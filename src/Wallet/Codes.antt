-- ===== src/Wallet/Codes.antt =====
-- Redemption codes: no code is used more often than it allows, and a redemption uses it once.
use lurus_identity.Base.{ℕ, ◌+◌, ◌≤◌, inl, inr, String, arith, ◌==◌}
use lurus_identity.Table.Laws.{All, All-update}
use lurus_identity.Entity.Billing.{RedemptionCode, Wallet}
use lurus_identity.Store.{Tables}
use lurus_identity.Store.Keeps.{Keeps}
use lurus_identity.Store.Run.{Keeps-of_run}
use lurus_identity.Wallet.Repo.{redeem_code}
use lurus_identity.Wallet.Ledger.{IsReconciled}
use lurus_identity.Wallet.Postings.{IsRedeemable, redeemed, run-redeem, redeem_error}
use lurus_identity.Wallet.Invariant.{redeem_kept, redeem_code-IsSound, redeem_code-IsAtomic}

abbrev pub WithinLimit : RedemptionCode → Type 0
WithinLimit c = c.used_count ≤ c.max_uses

-- The ledger is reconciled and no code was used more often than it allows.
pub record AreWithinLimits (t : Tables) : Type 0 where
  pub ledger : IsReconciled t
  pub limits : All WithinLimit t.codes

redeemed-limits :
    (now a : ℕ) (rc : RedemptionCode) (w : Wallet) (t : Tables)
    → IsRedeemable now rc
    → All WithinLimit t.codes
    → All WithinLimit (redeemed a rc w t).codes
redeemed-limits now a rc w t v h =
    All-update WithinLimit (λ c. c.id == rc.id) (λ _. record rc { used_count = rc.used_count + 1 })
      t.codes (λ c e k. ground (arith, v.unused)) h

-- A redemption of any code by any account, whichever statements fail, uses no code more often than
-- it allows and keeps the ledger reconciled.
pub redeem_code-AreWithinLimits :
    (now a : ℕ) (code : String) → Keeps AreWithinLimits (redeem_code now a code)
redeem_code-AreWithinLimits now a code =
    Keeps-of_run AreWithinLimits _ (redeem_code-IsSound now a code)
      (redeem_code-IsAtomic now a code)
      λ t r. elim (redeem_error now a code t) [
        | inl (x, e) ↦ rw e r
        | inr (rc, w, found, v, h) ↦ record {
          ledger = redeem_kept now a code t r.ledger;
          limits =
              rw (run-redeem now a code t r.ledger found v h)
                (redeemed-limits now a rc w t v r.limits);
        }
      ]
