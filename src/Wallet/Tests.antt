-- ===== src/Wallet/Tests.antt =====
-- Concrete wallets, orders and codes, and the wallet theorems at them.
use lurus_identity.Base.{
  inr, inl, ◌==◌, Bool-cases, ℕ, ◌+ℤ◌, ◌-ℤ◌, int_laws, ◌≡◌, refl, none, some, List, [], ◌∷◌, pos,
  arith,
}
use lurus_identity.Table.{first}
use lurus_identity.Entity.Billing.{
  Wallet, WalletTransaction, PaymentOrder, RedemptionCode, Reference, OrderStatus,
}
use lurus_identity.Store.{Tables, Error, err, ok, empty}
use lurus_identity.Store.Run.{run, calm}
use lurus_identity.Wallet.Repo.{TxInfo, debit, redeem_code, set_paid, has_order_no}
use lurus_identity.Wallet.Service.{mark_order_paid}
use lurus_identity.Wallet.Ledger.{IsReconciled, balance_of, ledger_sum}
use lurus_identity.Wallet.History.{Call, after, after-IsReconciled}
use lurus_identity.Wallet.Balances.{AreSolvent, debit_balances, debit-AreSolvent}
use lurus_identity.Wallet.Orders.{IsSettled, mark_order_paid_balances, mark_settled}
use lurus_identity.Wallet.LostCredit.{lost_credit, third_fails}
use lurus_identity.Wallet.Codes.{AreWithinLimits, redeem_code-AreWithinLimits}

abbrev purchase : TxInfo
purchase = record {
  tx_type = "product_purchase";
  reference_type = "payment_order";
  reference_id = Reference.plain "LO1";
  product_id = "vpn";
}

abbrev pub wallet_of_7 : Wallet
wallet_of_7 = record {
  id = 1;
  account_id = 7;
  balance = pos 500;
  frozen = pos 0;
  lifetime_topup = pos 500;
  lifetime_spend = pos 0;
}

abbrev pub topup_of_7 : WalletTransaction
topup_of_7 = record {
  id = 2;
  wallet_id = 1;
  account_id = 7;
  tx_type = "topup";
  amount = pos 500;
  balance_after = pos 500;
  product_id = "";
  reference_type = "payment_order";
  reference_id = Reference.plain "LO0";
}

abbrev pub order_1 : PaymentOrder
order_1 = record {
  id = 3;
  account_id = 7;
  order_no = "LO1";
  order_type = "topup";
  product_id = "";
  plan_id = none;
  amount_cny = pos 100;
  payment_method = "stripe";
  status = OrderStatus.pending;
  external_id = "";
  paid_at = none;
  created_at = 10;
}

abbrev pub order_2 : PaymentOrder
order_2 = record order_1 { id = 4; order_no = "LO2"; status = OrderStatus.paid; paid_at = some 12 }

abbrev pub gift : RedemptionCode
gift = record {
  id = 5;
  code = "GIFT";
  product_id = "";
  reward_type = "credits";
  reward_value = pos 30;
  max_uses = 1;
  used_count = 0;
  expires_at = none;
}

abbrev pub shop : Tables
shop = record empty {
  next_id = 6;
  wallets = wallet_of_7 ∷ [];
  transactions = topup_of_7 ∷ [];
  orders = order_1 ∷ order_2 ∷ [];
  codes = gift ∷ [];
}

by_account : (a : ℕ) → balance_of a shop.wallets ≡ ledger_sum a shop.transactions
unfolding ledger_sum first ◌+ℤ◌
by_account a = elim (Bool-cases (7 == a)) [ inl e ↦ rw e refl | inr e ↦ rw e refl ]

pub shop-IsReconciled : IsReconciled shop
unfolding ledger_sum first ◌+ℤ◌
shop-IsReconciled = record { keyed = (omega arith, refl, tt); balances = λ a. by_account a }

-- A month of calls: a debit that fails, a notification, one that is repeated, and a code.
abbrev calls : List Call
calls =
    Call.debit 7 (pos 900) purchase
    ∷ Call.debit 7 (pos 200) purchase
    ∷ Call.mark_order_paid 20 "LO1"
    ∷ Call.mark_order_paid 21 "LO1"
    ∷ Call.redeem 22 7 "GIFT"
    ∷ Call.redeem 23 7 "GIFT"
    ∷ []

after-IsReconciled_example : IsReconciled (after calls (calm shop)).tables
after-IsReconciled_example = after-IsReconciled calls (calm shop) shop-IsReconciled

debit_balances_example : balance_of 7 (run (debit 7 (pos 200) purchase) shop).1.wallets ≡ pos 300
unfolding first ◌-ℤ◌
debit_balances_example = debit_balances 7 7 (pos 200) purchase shop shop-IsReconciled refl

debit-AreSolvent_example : AreSolvent (debit 7 (pos 900) purchase (calm shop)).1.tables
debit-AreSolvent_example =
    (debit-AreSolvent 7 (pos 900) purchase).at (calm shop) (omega int_laws, tt)

mark_order_paid_balances_example :
    ((run (mark_order_paid 20 "LO1") shop).0 ≡ ok (set_paid 20 order_1))
    × (balance_of 7 (run (mark_order_paid 20 "LO1") shop).1.wallets ≡ pos 600)
    × IsSettled "LO1" (run (mark_order_paid 20 "LO1") shop).1
unfolding first ◌+ℤ◌
mark_order_paid_balances_example =
    mark_order_paid_balances 20 "LO1" 7 shop shop-IsReconciled refl refl refl refl

mark_settled_example : run (mark_order_paid 20 "LO2") shop ≡ (ok order_2, shop)
unfolding first
mark_settled_example = mark_settled 20 "LO2" shop refl refl

lost_credit_example :
    let (r, s) = mark_order_paid 20 "LO1" (third_fails shop) in
    (r ≡ err Error.db_fault)
    × (first (has_order_no "LO1") s.tables.orders ≡ some (set_paid 20 order_1))
    × (s.tables.wallets ≡ shop.wallets)
    × (run (mark_order_paid 30 "LO1") s.tables ≡ (ok (set_paid 20 order_1), s.tables))
unfolding first
lost_credit_example = lost_credit 20 30 "LO1" shop refl refl refl

redeem_code-AreWithinLimits_example : AreWithinLimits (redeem_code 22 7 "GIFT" (calm shop)).1.tables
redeem_code-AreWithinLimits_example =
    (redeem_code-AreWithinLimits 22 7 "GIFT").at (calm shop)
      (record { ledger = shop-IsReconciled; limits = (omega arith, tt) })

================================

▶ [Aim of the exercise]:
In the data above, which lines include "WalletTransaction"? Return those lines.

▶ [Answer]:
  Wallet, WalletTransaction, PaymentOrder, RedemptionCode, Reference, OrderStatus,
abbrev pub topup_of_7 : WalletTransaction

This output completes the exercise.